Pre-2017 investments did not escape the GAAR

Rule 10U(1)(d) of the Indian Income-tax Rules, 1962 grandfathered investments made before 1 April 2017 from the application of the GAAR. Tiger Global's investments (2011-2015) fell squarely within this window. However, the Supreme Court held that Rule 10U(2), which applied the GAAR to any arrangement generating a tax benefit on or after 1 April 2017 regardless of when the underlying investment was made, operated “without prejudice” to the grandfathering clause. As a result, the protection against the GAAR was effectively neutralised.

Commercial substance is paramount

The Supreme Court ruling reinforces that treaty benefits depend on genuine commercial substance. In evaluating the facts, the court considered factors such as:
  • Location of key decision-making functions;
  • Authority exercised by personnel in the jurisdiction of incorporation; and
  • Nature and extent of economic activity.
On the facts presented, the absence of a substantive operational and decision-making presence was a key consideration in denying treaty benefits.

The Government Steps In and What It Fixed
The Supreme Court’s interpretation of the GAAR provisions had raised concerns about the potential reach of the GAAR to legacy investments, particularly where sales or transfers took place after 1 April 2017. In response to extensive representations from taxpayers and advisors, the CBDT issued two notifications—Notification 54/2026 amending Rule 10U of the Income Tax Rules 1962 and Notification 55/2026 making a parallel amendment to Rule 128 of the Income Tax Rules 2026, which governs the new Income-tax Act 2025 (effective 1 April 2026). Both notifications clarify the intended scope of the GAAR to pre-1 April 2107 investments. The key intervention was surgical: the “without prejudice” language in sub-rule (2)—the very phrase relied on by the Supreme Court—was deleted. In its place, the rules now expressly exclude income arising from the transfer of investments before 1 April 2017 from the GAAR's ambit.

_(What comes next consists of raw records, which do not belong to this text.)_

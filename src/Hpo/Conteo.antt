-- ===== src/Hpo/Conteo.antt =====
-- estudio.py: how the loop over the trials counts, and that it ends.
use pred_engine.Prelude.{
  ℕ, zero, suc, ◌+◌, ◌*◌, ◌≤◌, ◌<◌, ◌≡◌, refl, sym, subst, true, false, Option, none, some, inl,
  inr, ◌⊎◌, ltb, lt→ltb, arith,
}
use pred_engine.Prelude.Result.{Result, ok, err}
use pred_engine.Prelude.Exec.{continue}
use pred_engine.Reanudacion.Contratos.{ReanudacionError}
use pred_engine.Reanudacion.Controlador.{Externo, Mundo, SesionCorrida, checkpoint}
use pred_engine.Hpo.Estudio.{
  EstudioError, rechaza_casi_todo, espacio, trial, reanudacion, backend, sin_fin, Entorno, Completo,
  Marcha, intento, anotar_sesion, con_sesion, guardar_avance, rechazar, mejor_de, contar, vuelta,
  bucle,
}
use pred_engine.Hpo.Intentos.{termina, continue-termina, intento-termina}

module _ (x : Externo) (n : Entorno x) where
  -- The counters that an operation on the session keeps.
  abbrev Conserva : Marcha x n → Marcha x n → Type 0
  Conserva m m' =
      (m'.indice_trial ≡ m.indice_trial) × (m'.intentos_invalidos ≡ m.intentos_invalidos)

  anotar_sesion-Conserva :
      (r : Result ReanudacionError (SesionCorrida x) × Mundo x) (m : Marcha x n)
      → Conserva m (anotar_sesion x n r m).1
  anotar_sesion-Conserva (ok ses, w) m = (refl, refl)
  anotar_sesion-Conserva (err e, w) m = (refl, refl)

  con_sesion-Conserva :
      (op : SesionCorrida x → ℕ → Mundo x → Result ReanudacionError (SesionCorrida x) × Mundo x)
      (o : Option (SesionCorrida x)) (m : Marcha x n)
      → Conserva m (con_sesion x n op o m).1
  con_sesion-Conserva op none m = (refl, refl)
  con_sesion-Conserva op (some ses) m = anotar_sesion-Conserva (op ses m.indice_trial m.mundo) m

  anotar_sesion-termina :
      (r : Result ReanudacionError (SesionCorrida x) × Mundo x) (m : Marcha x n)
      → termina (anotar_sesion x n r m).0 ≡ true
  anotar_sesion-termina (ok ses, w) m = refl
  anotar_sesion-termina (err e, w) m = refl

  con_sesion-termina :
      (op : SesionCorrida x → ℕ → Mundo x → Result ReanudacionError (SesionCorrida x) × Mundo x)
      (o : Option (SesionCorrida x)) (m : Marcha x n)
      → termina (con_sesion x n op o m).0 ≡ true
  con_sesion-termina op none m = refl
  con_sesion-termina op (some ses) m = anotar_sesion-termina (op ses m.indice_trial m.mundo) m

  -- A turn that goes on has finished a trial, or rejected one more configuration of the few allowed.
  abbrev pub Avanza : Marcha x n → Marcha x n → Type 0
  Avanza m m' =
      ((m'.indice_trial ≡ suc m.indice_trial) × (m'.intentos_invalidos ≡ 0))
      ⊎ ((m'.indice_trial ≡ m.indice_trial)
          × (m'.intentos_invalidos ≡ suc m.intentos_invalidos)
          × (m'.intentos_invalidos ≤ n.n_trials * 20))

  rechazar-cota :
      (m : Marcha x n)
      → (rechazar x n m).0 ≡ ok tt
      → ((rechazar x n m).1 ≡ m) × (m.intentos_invalidos ≤ n.n_trials * 20)
  rechazar-cota m h = ground arith

  tras_rechazo :
      (m : Marcha x n) (r : Result EstudioError (Unit {0}) × Marcha x n)
      → Conserva (record m { intentos_invalidos = suc m.intentos_invalidos }) r.1
      → (continue r (λ _. rechazar x n)).0 ≡ ok tt
      → Avanza m (continue r (λ _. rechazar x n)).1
  tras_rechazo m (err e, s) c h = cc h
  tras_rechazo m (ok u, s) c h =
      let (es, cota) = rechazar-cota s h in subst (Avanza m) (sym es) (inr (c.0, c.1, cota))

  contar-Avanza :
      (r : Result EstudioError (Option (Option (Completo x n)))) (m : Marcha x n)
      → (contar x n r m).0 ≡ ok tt
      → Avanza m (contar x n r m).1
  unfolding guardar_avance
  contar-Avanza (err e) m h = cc h
  contar-Avanza (ok none) m h =
      tras_rechazo m
        (guardar_avance x n (record m { intentos_invalidos = suc m.intentos_invalidos }))
        (con_sesion-Conserva (checkpoint x) m.sesion
          (record m { intentos_invalidos = suc m.intentos_invalidos }))
        h
  contar-Avanza (ok (some c)) m h = inl (
      con_sesion-Conserva (checkpoint x) m.sesion (record m {
        intentos_invalidos = 0;
        mejor_completo = mejor_de x n (n.trial_id m.indice_trial) c m.mejor_completo;
        indice_trial = suc m.indice_trial;
      }))

  pub vuelta-Avanza : (m : Marcha x n) → (vuelta x n m).0 ≡ ok tt → Avanza m (vuelta x n m).1
  unfolding vuelta
  vuelta-Avanza m h =
      contar-Avanza (intento x n m.indice_trial m.mundo.motor).0
        (record m {
          mundo = record m.mundo { motor = (intento x n m.indice_trial m.mundo.motor).1 };
        })
        h

  rechazar-termina : (m : Marcha x n) → termina (rechazar x n m).0 ≡ true
  rechazar-termina m = ground arith

  contar-termina :
      (r : Result EstudioError (Option (Option (Completo x n)))) (m : Marcha x n)
      → termina r ≡ true
      → termina (contar x n r m).0 ≡ true
  unfolding guardar_avance
  contar-termina (err sin_fin) m h = cc h
  contar-termina (err (rechaza_casi_todo k)) m h = refl
  contar-termina (err (espacio e)) m h = refl
  contar-termina (err (trial e)) m h = refl
  contar-termina (err (reanudacion e)) m h = refl
  contar-termina (err (backend e)) m h = refl
  contar-termina (ok none) m h =
      continue-termina x n
        (guardar_avance x n (record m { intentos_invalidos = suc m.intentos_invalidos }))
        (λ _. rechazar x n)
        (con_sesion-termina (checkpoint x) m.sesion
          (record m { intentos_invalidos = suc m.intentos_invalidos }))
        (λ a s. rechazar-termina s)
  contar-termina (ok (some c)) m h = con_sesion-termina (checkpoint x) m.sesion (record m {
    intentos_invalidos = 0;
    mejor_completo = mejor_de x n (n.trial_id m.indice_trial) c m.mejor_completo;
    indice_trial = suc m.indice_trial;
  })

  vuelta-termina : (m : Marcha x n) → termina (vuelta x n m).0 ≡ true
  unfolding vuelta
  vuelta-termina m =
      contar-termina (intento x n m.indice_trial m.mundo.motor).0
        (record m {
          mundo = record m.mundo { motor = (intento x n m.indice_trial m.mundo.motor).1 };
        })
        (intento-termina x n m.indice_trial m.mundo.motor)

  tras_vuelta :
      (f : ℕ) (r : Result EstudioError (Unit {0}) × Marcha x n)
      → termina r.0 ≡ true
      → (r.0 ≡ ok tt → termina (bucle x n f r.1).0 ≡ true)
      → termina (continue r (λ _. bucle x n f)).0 ≡ true
  tras_vuelta f (ok u, m) h sigue = sigue refl
  tras_vuelta f (err sin_fin, m) h sigue = cc h
  tras_vuelta f (err (rechaza_casi_todo k), m) h sigue = refl
  tras_vuelta f (err (espacio e), m) h sigue = refl
  tras_vuelta f (err (trial e), m) h sigue = refl
  tras_vuelta f (err (reanudacion e), m) h sigue = refl
  tras_vuelta f (err (backend e), m) h sigue = refl

  pub bucle_para :
      (f : ℕ) (m : Marcha x n)
      → ltb m.indice_trial n.n_trials ≡ false
      → bucle x n (suc f) m ≡ (ok tt, m)
  unfolding bucle
  bucle_para f m b = rw (b, bucle) refl

  pub bucle_sigue :
      (f : ℕ) (m : Marcha x n)
      → ltb m.indice_trial n.n_trials ≡ true
      → bucle x n (suc f) m ≡ continue (vuelta x n m) (λ _. bucle x n f)
  unfolding bucle
  bucle_sigue f m b = rw (b, bucle) refl

  -- With `d` trials to go, each trial takes at most as many turns as may be rejected in a row, and
  -- two more.
  pub bucle-termina :
      (f d : ℕ) (m : Marcha x n)
      → n.n_trials ≡ m.indice_trial + d
      → m.intentos_invalidos ≤ n.n_trials * 20
      → d * (n.n_trials * 20 + 2) + n.n_trials * 20 < f + m.intentos_invalidos
      → termina (bucle x n f m).0 ≡ true
  unfolding bucle
  bucle-termina zero d m faltan cota fuel = absurd (omega arith)
  bucle-termina (suc f) zero m faltan cota fuel =
      let para : ltb m.indice_trial n.n_trials ≡ false = ground arith in
      rw (bucle_para f m para) refl
  bucle-termina (suc f) (suc d) m faltan cota fuel =
      rw (bucle_sigue f m (lt→ltb m.indice_trial n.n_trials (omega arith))) (
        tras_vuelta f (vuelta x n m) (vuelta-termina m) (λ e. elim (vuelta-Avanza m e) [
          | inl (i, v) ↦
              bucle-termina f d (vuelta x n m).1 (omega arith) (omega arith) (omega arith)
          | inr (i, v, c) ↦
              bucle-termina f (suc d) (vuelta x n m).1 (omega arith) (omega arith) (omega arith)
        ]))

The Explanatory Memorandum to Notification 54 reinforces this policy intent, stating that the GAAR is not intended to apply where gains arise from the transfer of pre-1 April 2017 investments.

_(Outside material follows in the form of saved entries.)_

-- ===== src/Hpo/Sesiones.antt =====
-- estudio.py with controlador.py: the session that a study keeps through its loop, and what an
-- operation on it leaves.
use pred_engine.Prelude.{
  ℕ, zero, suc, ◌*◌, ◌≤◌, ◌≡◌, refl, sym, ap, subst, ◌∙◌, inl, inr, true, Option, none, some, ltb,
  ltb→lt, Bool-cases, arith,
}
use pred_engine.Prelude.Result.{Result, ok, err}
use pred_engine.Prelude.Exec.{continue}
use pred_engine.Reanudacion.Contratos.{EstadoCorrida, ReanudacionError}
use pred_engine.Reanudacion.Transiciones.{Paso_of_transicionar}
use pred_engine.Reanudacion.Controlador.{Externo, Mundo, SesionCorrida, avanzar, checkpoint}
use pred_engine.Reanudacion.Avance.{EsCoherente, avanzar-Avance, avanzar_estado}
use pred_engine.Hpo.Estudio.{
  EstudioError, reanudacion, Entorno, Completo, Marcha, anotar_sesion, con_sesion, guardar_avance,
  rechazar, mejor_de, contar, intento, vuelta, bucle,
}
use pred_engine.Hpo.Conteo.{Avanza, vuelta-Avanza, bucle_para, bucle_sigue}

module _ (x : Externo) (n : Entorno x) where
  -- The manifest of the session is on disk, in a state and with the trials counted so far.
  pub record Guardada (o : EstadoCorrida) (m : Marcha x n) : Type 0 where
    pub ses : SesionCorrida x
    pub vigente : m.sesion ≡ some ses
    pub estado : ses.manifiesto.estado ≡ o
    pub trials : ses.manifiesto.n_trials_finalizados ≡ m.indice_trial
    pub coherente : EsCoherente x m.mundo ses.manifiesto

  pub data Cerrada (o : EstadoCorrida) (m : Marcha x n)
      : Result EstudioError (Unit {0}) × Marcha x n → Type 0 where
    guardada :
        {m' : Marcha x n}
        → Guardada o m'
        → m'.indice_trial ≡ m.indice_trial
        → Cerrada o m (ok tt, m')
    negada :
        {m' : Marcha x n} (ses : SesionCorrida x) (d : ReanudacionError)
        → m.sesion ≡ some ses
        → m'.sesion ≡ m.sesion
        → m'.indice_trial ≡ m.indice_trial
        → avanzar x o ses m.indice_trial m.mundo ≡ (err d, m'.mundo)
        → Cerrada o m (err (reanudacion d), m')

  anotar_sesion-Cerrada :
      (o : EstadoCorrida) (ses : SesionCorrida x) (m : Marcha x n)
      (r : Result ReanudacionError (SesionCorrida x) × Mundo x)
      → m.sesion ≡ some ses
      → avanzar x o ses m.indice_trial m.mundo ≡ r
      → Cerrada o m (anotar_sesion x n r m)
  anotar_sesion-Cerrada o ses m (err d, w) v h = negada ses d v refl refl h
  anotar_sesion-Cerrada o ses m (ok ses', w) v h =
      let avance = avanzar-Avance x o ses m.indice_trial m.mundo w ses' h in
      guardada
        (record {
          ses = ses';
          vigente = refl;
          estado =
              sym
                (Paso_of_transicionar ses.manifiesto.estado o
                  (avanzar_estado x o ses m.indice_trial m.mundo w ses' h)).0;
          trials = ap (λ s. s.manifiesto.n_trials_finalizados) avance.solo_avance;
          coherente = avance.coherente;
        })
        refl

  pub con_sesion-Cerrada :
      (o : EstadoCorrida) (m : Marcha x n) {ses : SesionCorrida x}
      → m.sesion ≡ some ses
      → Cerrada o m (con_sesion x n (avanzar x o) m.sesion m)
  con_sesion-Cerrada o m {ses} h =
      subst (λ s. Cerrada o m (con_sesion x n (avanzar x o) s m)) (sym h)
        (anotar_sesion-Cerrada o ses m (avanzar x o ses m.indice_trial m.mundo) h refl)

  abbrev pub TieneSesion : Marcha x n → Type 0
  TieneSesion m = (ses : SesionCorrida x) × (m.sesion ≡ some ses)

  abbrev Operacion : Type 0
  Operacion = SesionCorrida x → ℕ → Mundo x → Result ReanudacionError (SesionCorrida x) × Mundo x

  anotar_sesion-TieneSesion :
      (r : Result ReanudacionError (SesionCorrida x) × Mundo x) (m : Marcha x n)
      → TieneSesion m
      → TieneSesion (anotar_sesion x n r m).1
  anotar_sesion-TieneSesion (ok ses, w) m h = (ses, refl)
  anotar_sesion-TieneSesion (err e, w) m h = h

  pub con_sesion-TieneSesion :
      (op : Operacion) (o : Option (SesionCorrida x)) (m : Marcha x n)
      → TieneSesion m
      → TieneSesion (con_sesion x n op o m).1
  con_sesion-TieneSesion op none m h = h
  con_sesion-TieneSesion op (some ses) m h =
      anotar_sesion-TieneSesion (op ses m.indice_trial m.mundo) m h

  rechazar-TieneSesion : (m : Marcha x n) → TieneSesion m → TieneSesion (rechazar x n m).1
  rechazar-TieneSesion m h = elim (Bool-cases (ltb (n.n_trials * 20) m.intentos_invalidos)) [
    | inl b ↦ (h.0, rw b h.1)
    | inr b ↦ (h.0, rw b h.1)
  ]

  continue-TieneSesion :
      (r : Result EstudioError (Unit {0}) × Marcha x n)
      (f : Unit {0} → Marcha x n → Result EstudioError (Unit {0}) × Marcha x n)
      → TieneSesion r.1
      → ((u : Unit {0}) (m : Marcha x n) → TieneSesion m → TieneSesion (f u m).1)
      → TieneSesion (continue r f).1
  continue-TieneSesion (ok u, m) f h sigue = sigue u m h
  continue-TieneSesion (err e, m) f h sigue = h

  contar-TieneSesion :
      (r : Result EstudioError (Option (Option (Completo x n)))) (m : Marcha x n)
      → TieneSesion m
      → TieneSesion (contar x n r m).1
  unfolding guardar_avance
  contar-TieneSesion (err e) m h = h
  contar-TieneSesion (ok none) m h =
      continue-TieneSesion
        (guardar_avance x n (record m { intentos_invalidos = suc m.intentos_invalidos }))
        (λ _. rechazar x n)
        (con_sesion-TieneSesion (checkpoint x) m.sesion
          (record m { intentos_invalidos = suc m.intentos_invalidos }) h)
        (λ u s t. rechazar-TieneSesion s t)
  contar-TieneSesion (ok (some c)) m h =
      con_sesion-TieneSesion (checkpoint x) m.sesion
        (record m {
          intentos_invalidos = 0;
          mejor_completo = mejor_de x n (n.trial_id m.indice_trial) c m.mejor_completo;
          indice_trial = suc m.indice_trial;
        })
        h

  vuelta-TieneSesion : (m : Marcha x n) → TieneSesion m → TieneSesion (vuelta x n m).1
  unfolding vuelta
  vuelta-TieneSesion m h =
      contar-TieneSesion (intento x n m.indice_trial m.mundo.motor).0
        (record m {
          mundo = record m.mundo { motor = (intento x n m.indice_trial m.mundo.motor).1 };
        })
        h

  pub bucle-TieneSesion : (f : ℕ) (m : Marcha x n) → TieneSesion m → TieneSesion (bucle x n f m).1
  unfolding bucle
  bucle-TieneSesion zero m h = h
  bucle-TieneSesion (suc f) m h = elim (Bool-cases (ltb m.indice_trial n.n_trials)) [
    | inl b ↦ rw (bucle_sigue x n f m b) (
        continue-TieneSesion (vuelta x n m) (λ _. bucle x n f) (vuelta-TieneSesion m h)
          (λ u s t. bucle-TieneSesion f s t))
    | inr b ↦ rw (bucle_para x n f m b) h
  ]

  tras_vuelta_indice :
      (f : ℕ) (r : Result EstudioError (Unit {0}) × Marcha x n)
      → (continue r (λ _. bucle x n f)).0 ≡ ok tt
      → (r.0 ≡ ok tt → (bucle x n f r.1).0 ≡ ok tt → (bucle x n f r.1).1.indice_trial ≡ n.n_trials)
      → (continue r (λ _. bucle x n f)).1.indice_trial ≡ n.n_trials
  tras_vuelta_indice f (ok u, m) h sigue = sigue refl h
  tras_vuelta_indice f (err e, m) h sigue = cc h

  -- The loop returns only when every trial was run.
  pub bucle-indice :
      (f : ℕ) (m : Marcha x n)
      → m.indice_trial ≤ n.n_trials
      → (bucle x n f m).0 ≡ ok tt
      → (bucle x n f m).1.indice_trial ≡ n.n_trials
  unfolding bucle
  bucle-indice zero m h fin = cc fin
  bucle-indice (suc f) m h fin = elim (Bool-cases (ltb m.indice_trial n.n_trials)) [
    | inl b ↦ rw (bucle_sigue x n f m b) (
        tras_vuelta_indice f (vuelta x n m) (ap (λ r. r.0) (sym (bucle_sigue x n f m b)) ∙ fin)
          (λ da fin'. bucle-indice f (vuelta x n m).1 (dentro m b (vuelta-Avanza x n m da)) fin'))
    | inr b ↦ rw (bucle_para x n f m b) (ground arith)
  ]
    where
      dentro :
          (m : Marcha x n)
          → ltb m.indice_trial n.n_trials ≡ true
          → Avanza x n m (vuelta x n m).1
          → (vuelta x n m).1.indice_trial ≤ n.n_trials
      dentro m b (inl (i, v)) = let c = ltb→lt m.indice_trial n.n_trials b in omega arith
      dentro m b (inr (i, v, c)) = let d = ltb→lt m.indice_trial n.n_trials b in omega arith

What the Amendment May Not Change
One reading of the amendment to the GAAR rules is that it creates a clear, explicit carve-out: gains from the transfer of investments made before 1 April 2017 fall outside the scope of the GAAR and, in the absence of the GAAR, a TRC could be viewed as conclusive for entitlement to treaty benefits.

However, a more cautious interpretation is equally plausible. The amendments are narrowly targeted at the GAAR and do not disturb the broader legal framework governing treaty entitlement or anti-avoidance. The principles articulated by the Supreme Court therefore continue to have relevance. In particular:
  • The conclusiveness of a TRC for treaty entitlement remains open to interpretation.
  • The tax authorities may still examine commercial substance where warranted.
  • Judicial anti-avoidance principles continue to operate alongside statutory provisions.
  • The principal purpose test under the Multilateral Instrument applies independent of the GAAR.
Further, while landmark Supreme Court decisions such as Azadi Bachao Andolan and Vodafone International remain good law, their application must now be considered in light of subsequent legislative changes and the interpretative guidance emerging from the Tiger Global decision.

BDO Perspective
For foreign private equity and venture capital investors holding pre-1 April 2017 investments, the amendment provides meaningful comfort: the GAAR should not apply to gains arising on exit. That said, this does not eliminate scrutiny on questions of commercial substance, tax treaty entitlement or judicial anti- avoidance. Future judicial or administrative developments may further refine the landscape.

For investments made on or after 1 April 2017, anti-avoidance rules apply from inception. Each element of the structure—including jurisdictional choice, holding arrangements and exit strategy—must withstand scrutiny based on demonstrable genuine commercial purpose and economic substance.

Documentation remains critical. Contemporaneous records of investment rationale, governance processes, decision-making authority, and local operational or economic substance will be central to supporting treaty claims and managing dispute risk.